Воскресение Георга Фридриха Генделя
Шрифт:

Когда утром слуга осторожно вошел в комнату, Гендель сидел еще за столом и писал. Он не ответил, когда Кристоф Шмидт, адлатус, робко спросил, не может ли он быть полезен копированием, композитор лишь заворчал глухо и угрожающе. Никто не решался больше войти к нему, и эти три недели он не покидал комнату, а когда ему приносили еду, он левой рукой отламывал пару раз хлеб, правой же продолжал писать. Остановиться он уже не мог, это было как опьянение. Если он вставал и шел по комнате, громко напевая и размахивая руками в такт, глаза его ничего не видели; когда с ним заговаривали, он испуганно вздрагивал и ответ его был неопределенен и сбивчив. Это были тяжкие дни для слуги. Приходили кредиторы, требовали погашения долговых обязательств, приходили певцы просить у маэстро праздничные кантаты, приходили посыльные с приглашением Генделя в королевский дворец; слуга всем должен был отказывать, так как, раз обратившись к увлеченному работой человеку, он в ответ услышал львиный рык гнева. В эти недели Георг Фридрих Гендель потерял представление о времени, он не различал более дней и ночей, он жил в некоей сфере, где время проявляется лишь в ритме и такте, он пребывал во власти бушующего потока, что извергался из него все

настойчивей, все напористей, по мере того как произведение приближалось к своей быстрине, к порогам, к своему завершению. Замурованный самим собой, мерил он созданную им самим темницу топающими, подчиняющимися такту произведения шагами, он пел, подбегал к чембало, брал аккорд, затем вновь возвращался к столу и писал, писал, пока пальцы не сводила судорога; никогда прежде на него не нисходил такой творческий экстаз, никогда не жил он так, не страдал так, растворившись в музыке.

Наконец, через три недели — непостижимо поныне и во веки веков! — 14 сентября, труд был завершен. Слово стало звуком, неувядаемо цвело и звучало то, что только что было сухой, холодной речью. Подобно тому как ранее свершилось чудо воскрешения парализованного тела, сейчас свершилось чудо воли — воспылала душа. Все было написано, были созданы и развернулись в мелодиях и взлетах образы — не хватало одного лишь последнего слова оратории: «Аминь». Но это слово, эти два маленьких слога заставляли Генделя построить из них звучащую лестницу к небу. Один голос он бросил на это и другой в чередующемся хоре, он растягивал их, эти два слога, и отрывал их друг от друга, чтобы вновь сплавить, словно дыхание Господне, проникла его страсть в это заключительное слово великой молитвы, обширным, как мир, было оно и полно было полнотой мира. Это одно, это последнее слово не отпускало его, и он не мог расстаться с ним; великолепной фугой построил он это «Аминь», из первого звука, из звонкого «а», первородного звука начала, пока он не стал кафедральным собором, гудящим и заполненным людьми, шпилем своим возносящимся в небо все выше и выше, рушащимся и вновь взметывающимся вверх и, наконец, схваченным бурей органа, силой объединившихся голосов, он вновь и вновь взмывал вверх, заполняя собой все сферы, и казалось, к этому торжественному гимну благодарности присоединились ангелы, и балки перекрытий раскалывались от этого вечного «Аминь! Аминь! Аминь!».
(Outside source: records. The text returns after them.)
-- ===== src/Transmit/Stuff.antt =====
-- Bit stuffing as USB specifies it: a zero after every six ones, to be dropped by the receiver.
use ciexpert_usbdev.Base.{
  ℕ, suc, ◌≤◌, ◌≡◌, refl, sym, ap, ◌∙◌, Bool, true, false, List, [], ◌∷◌, ◌++◌, arith, ◌==◌,
  if◌then◌else◌, Bool-cases, inl, inr,
}

-- The count of ones at the end, after one more bit.
abbrev pub next_run : ℕ → Bool → ℕ
next_run n true = suc n
next_run n false = 0

-- The stuffed bit that is due after `n` ones, and the count behind it.
abbrev pub due : ℕ → List Bool
due n = if n == 6 then false ∷ [] else []

abbrev pub settled : ℕ → ℕ
settled n = if n == 6 then 0 else n

-- The bits of a packet with stuffing, up to the last of them, and the count of ones at the end.
abbrev pub body : ℕ → List Bool → List Bool
body n [] = []
body n (b ∷ bs) = due n ++ b ∷ body (next_run (settled n) b) bs

abbrev pub run : ℕ → List Bool → ℕ
run n [] = n
run n (b ∷ bs) = run (next_run (settled n) b) bs

abbrev pub stuff : ℕ → List Bool → List Bool
stuff n bs = body n bs ++ due (run n bs)

-- The receiver, which has seen `n` ones.
abbrev pub unstuff : ℕ → List Bool → List Bool
unstuff n [] = []
unstuff n (b ∷ bs) =
    let dropped = unstuff 0 bs in
    let kept = b ∷ unstuff (next_run n b) bs in if n == 6 then dropped else kept

pub append_assoc : (xs ys zs : List Bool) → (xs ++ ys) ++ zs ≡ xs ++ (ys ++ zs)
append_assoc [] ys zs = refl
append_assoc (x ∷ xs) ys zs = ap (λ l. x ∷ l) (append_assoc xs ys zs)

pub body-append : (n : ℕ) (xs ys : List Bool) → body n (xs ++ ys) ≡ body n xs ++ body (run n xs) ys
body-append n [] ys = refl
body-append n (x ∷ xs) ys =
    ap (λ l. due n ++ x ∷ l) (body-append (next_run (settled n) x) xs ys)
    ∙ sym (append_assoc (due n) (x ∷ body (next_run (settled n) x) xs) _)

pub run-append : (n : ℕ) (xs ys : List Bool) → run n (xs ++ ys) ≡ run (run n xs) ys
run-append n [] ys = refl
run-append n (x ∷ xs) ys = run-append (next_run (settled n) x) xs ys

pub settled_next_le : (n : ℕ) (b : Bool) → n ≤ 6 → next_run (settled n) b ≤ 6
settled_next_le n true h = ground arith
settled_next_le n false h = ground arith

pub run-le : (n : ℕ) (bs : List Bool) → n ≤ 6 → run n bs ≤ 6
run-le n [] h = h
run-le n (b ∷ bs) h = run-le (next_run (settled n) b) bs (settled_next_le n b h)

-- The receiver drops a stuffed bit.
unstuff-due : (n : ℕ) (bs : List Bool) → unstuff n (due n ++ bs) ≡ unstuff (settled n) bs
unstuff-due n bs = elim (Bool-cases (n == 6)) [ inl e ↦ rw e (rw e refl) | inr e ↦ rw e refl ]

settled_not_six : (n : ℕ) → (settled n == 6) ≡ false
settled_not_six n = ground arith

-- The receiver gets back the bits of every packet, whatever the ones in front of it.
pub unstuff-stuff : (n : ℕ) (bs : List Bool) → unstuff n (stuff n bs) ≡ bs
unstuff-stuff n [] = elim (Bool-cases (n == 6)) [ inl e ↦ rw e (rw e refl) | inr e ↦ rw e refl ]
unstuff-stuff n (b ∷ bs) =
    ap (λ (l : List Bool). unstuff n l)
      (append_assoc (due n) (b ∷ body (next_run (settled n) b) bs) _)
    ∙ unstuff-due n (b ∷ stuff (next_run (settled n) b) bs)
    ∙ rw (settled_not_six n)
        (ap (λ (l : List Bool). b ∷ l) (unstuff-stuff (next_run (settled n) b) bs))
С большим трудом Гендель поднялся. Перо выпало из руки. Он не знал, где находится. Он ничего не видел, ничего не слышал. Только усталость чувствовал он, безмерную усталость. Ему нужно было держаться за стену, так кружилась голова. Силы покинули его, тело смертельно устало, мысли путались. Словно слепой, брел он вдоль стены. Упал в постель и заснул как мертвый.
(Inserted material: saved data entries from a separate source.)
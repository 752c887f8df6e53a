-- ===== src/Transmit.antt =====
-- usbdpi.c: the states of `usbdpi_host_to_device` in which the host sends the packets of the
-- descriptor `sending`, one bit interval a call: SYNC, the bits with bit stuffing, and EOP.
pub mod Sync
pub mod Stuff
pub mod Step
pub mod Byte
pub mod Packet
use ciexpert_usbdev.Base.{
  ℕ, zero, suc, ◌+◌, ◌*◌, ◌/◌, ◌%◌, ◌^◌, bit_and, bit_or, Bool, true, false, Option, none, some,
  if◌then◌else◌, ◌==◌, leb, get_elem?, has, u8, u32, ◌<<<◌, ◌>>=◌,
}
use ciexpert_usbdev.Usb.{
  p2d_dn, p2d_dp, d2p_pu, DrvState, st_idle, st_send, st_get, st_sync, st_eop, st_eop0,
}
use ciexpert_usbdev.Transfer.{Transfer}
use ciexpert_usbdev.Context.{Ctx}
use ciexpert_usbdev.Bus.{set_driving, inv_driving}

-- USB_SYNC
abbrev pub usb_sync : ℕ
usb_sync = 0x2A

-- The descriptor that `sending` names; NULL is a failed assertion.
unfoldable pub being_sent : Ctx → Option Transfer
being_sent ctx = do p ← ctx.sending; get_elem? ctx.transfer_pool p

-- ST_SYNC
unfoldable pub send_sync : Ctx → ℕ → Ctx
send_sync ctx d2p =
    let driving = set_driving ctx d2p (if has usb_sync ctx.bit then p2d_dp else p2d_dn) true in
    let bit = ctx.bit <<< 1 in
    if ctx.bit <<< 1 == 0x100
    then record ctx { driving = driving; bit = 1; linebits = 1; state = st_send }
    else record ctx { driving = driving; bit = bit }

-- A bit of the packet, and what the end of a byte changes.
unfoldable pub send_bit : Ctx → ℕ → Transfer → ℕ → Ctx
send_bit ctx d2p sending d =
    let nextbit = has d ctx.bit in
    let c = record ctx {
      driving = if nextbit then ctx.driving else inv_driving ctx d2p;
      linebits = u32 (bit_or (ctx.linebits <<< 1) (if nextbit then 1 else 0));
    } in
    if ctx.bit <<< 1 == 0x100
    then record c {
      bit = 1;
      byte = ctx.byte + 1;
      state = if ctx.byte + 1 == sending.data_start then st_eop0 else ctx.state;
    }
    else record c { bit = ctx.bit <<< 1 }

-- ST_SEND
unfoldable pub send_data : Ctx → ℕ → Option Ctx
unfolding send_bit
send_data ctx d2p = do
  sending ← being_sent ctx
  if bit_and ctx.linebits 0x3f == 0x3f
      then some (record ctx { driving = inv_driving ctx d2p; linebits = u32 (ctx.linebits <<< 1) })
      else if leb sending.num_bytes ctx.byte
      then some (record ctx { state = st_eop; driving = set_driving ctx d2p 0 true; bit = 1 })
      else do d ← get_elem? sending.data_bytes ctx.byte; some (send_bit ctx d2p sending d)

-- ST_EOP0
unfoldable pub send_eop0 : Ctx → ℕ → Ctx
send_eop0 ctx d2p = record ctx { driving = set_driving ctx d2p 0 true; state = st_eop }

-- ST_EOP: the second SE0, J, and then the lines are let go. A data packet may follow its token.
unfoldable pub send_eop : Ctx → ℕ → Option Ctx
send_eop ctx d2p =
    let c =
      if ctx.bit == 2 then record ctx { driving = set_driving ctx d2p p2d_dp true } else ctx in
    if ctx.bit == 4
    then (do
      sending ← being_sent c
      let d = record c { driving = set_driving c d2p (if has d2p d2p_pu then p2d_dp else 0) false }
      some (
          if d.byte == sending.data_start
          then record d { bit = 1; state = st_sync }
          else record d { state = st_idle }))
    else some (record c { bit = ctx.bit <<< 1 })

-- The cases of the switch in which the host sends.
unfoldable pub transmit_in : DrvState → Ctx → ℕ → Option Ctx
transmit_in st_sync ctx d2p = some (send_sync ctx d2p)
transmit_in st_send ctx d2p = send_data ctx d2p
transmit_in st_eop0 ctx d2p = some (send_eop0 ctx d2p)
transmit_in st_eop ctx d2p = send_eop ctx d2p
transmit_in st_idle ctx d2p = some ctx
transmit_in st_get ctx d2p = some ctx

unfoldable pub transmit : Ctx → ℕ → Option Ctx
unfolding transmit_in
transmit ctx d2p = transmit_in ctx.state ctx d2p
Трижды в первой половине дня слуга тихо приоткрывал дверь в спальню. Маэстро спал, недвижным, как изваянное из серого камня, было его замкнутое лицо. В полдень, войдя в комнату в четвертый раз, слуга попытался разбудить его. Он громко кашлянул, шумно передвинул кресло. Но в бездонную глубину этого сна не проникал никакой звук, сознания спящего не достигало ни одно слово. После полудня слуге на помощь пришел Кристоф Шмидт. Гендель все еще лежал в неподвижности. Фамулус наклонился над спящим: словно мертвый герой на поле брани после победы, лежал он, пораженный усталостью после несказанно великого свершения. Но ни Кристоф Шмидт, ни слуга ничего не знали ни о свершениях, ни о победе, их обуял ужас при виде этой зловещей неподвижности; они испугались, не поразил ли маэстро второй удар. И когда вечером, несмотря на все попытки растолкать его, Гендель не проснулся — уже семнадцать часов лежал он недвижим,— Кристоф Шмидт побежал к врачу. Он не сразу нашел доктора Дженкинса. Тот, воспользовавшись мягким вечером, вышел на Темзу поудить; он стал ворчать, недовольный неприятной помехой отдыху. Но, услышав, что дело касается Генделя, быстро собрал свои рыболовные снасти, сходил — на это ушло немало времени — за хирургическим инструментом, чтобы было чем, если понадобится, отворить кровь, и, наконец, пони с обоими седоками зарысил в направлении к Брук-стрит.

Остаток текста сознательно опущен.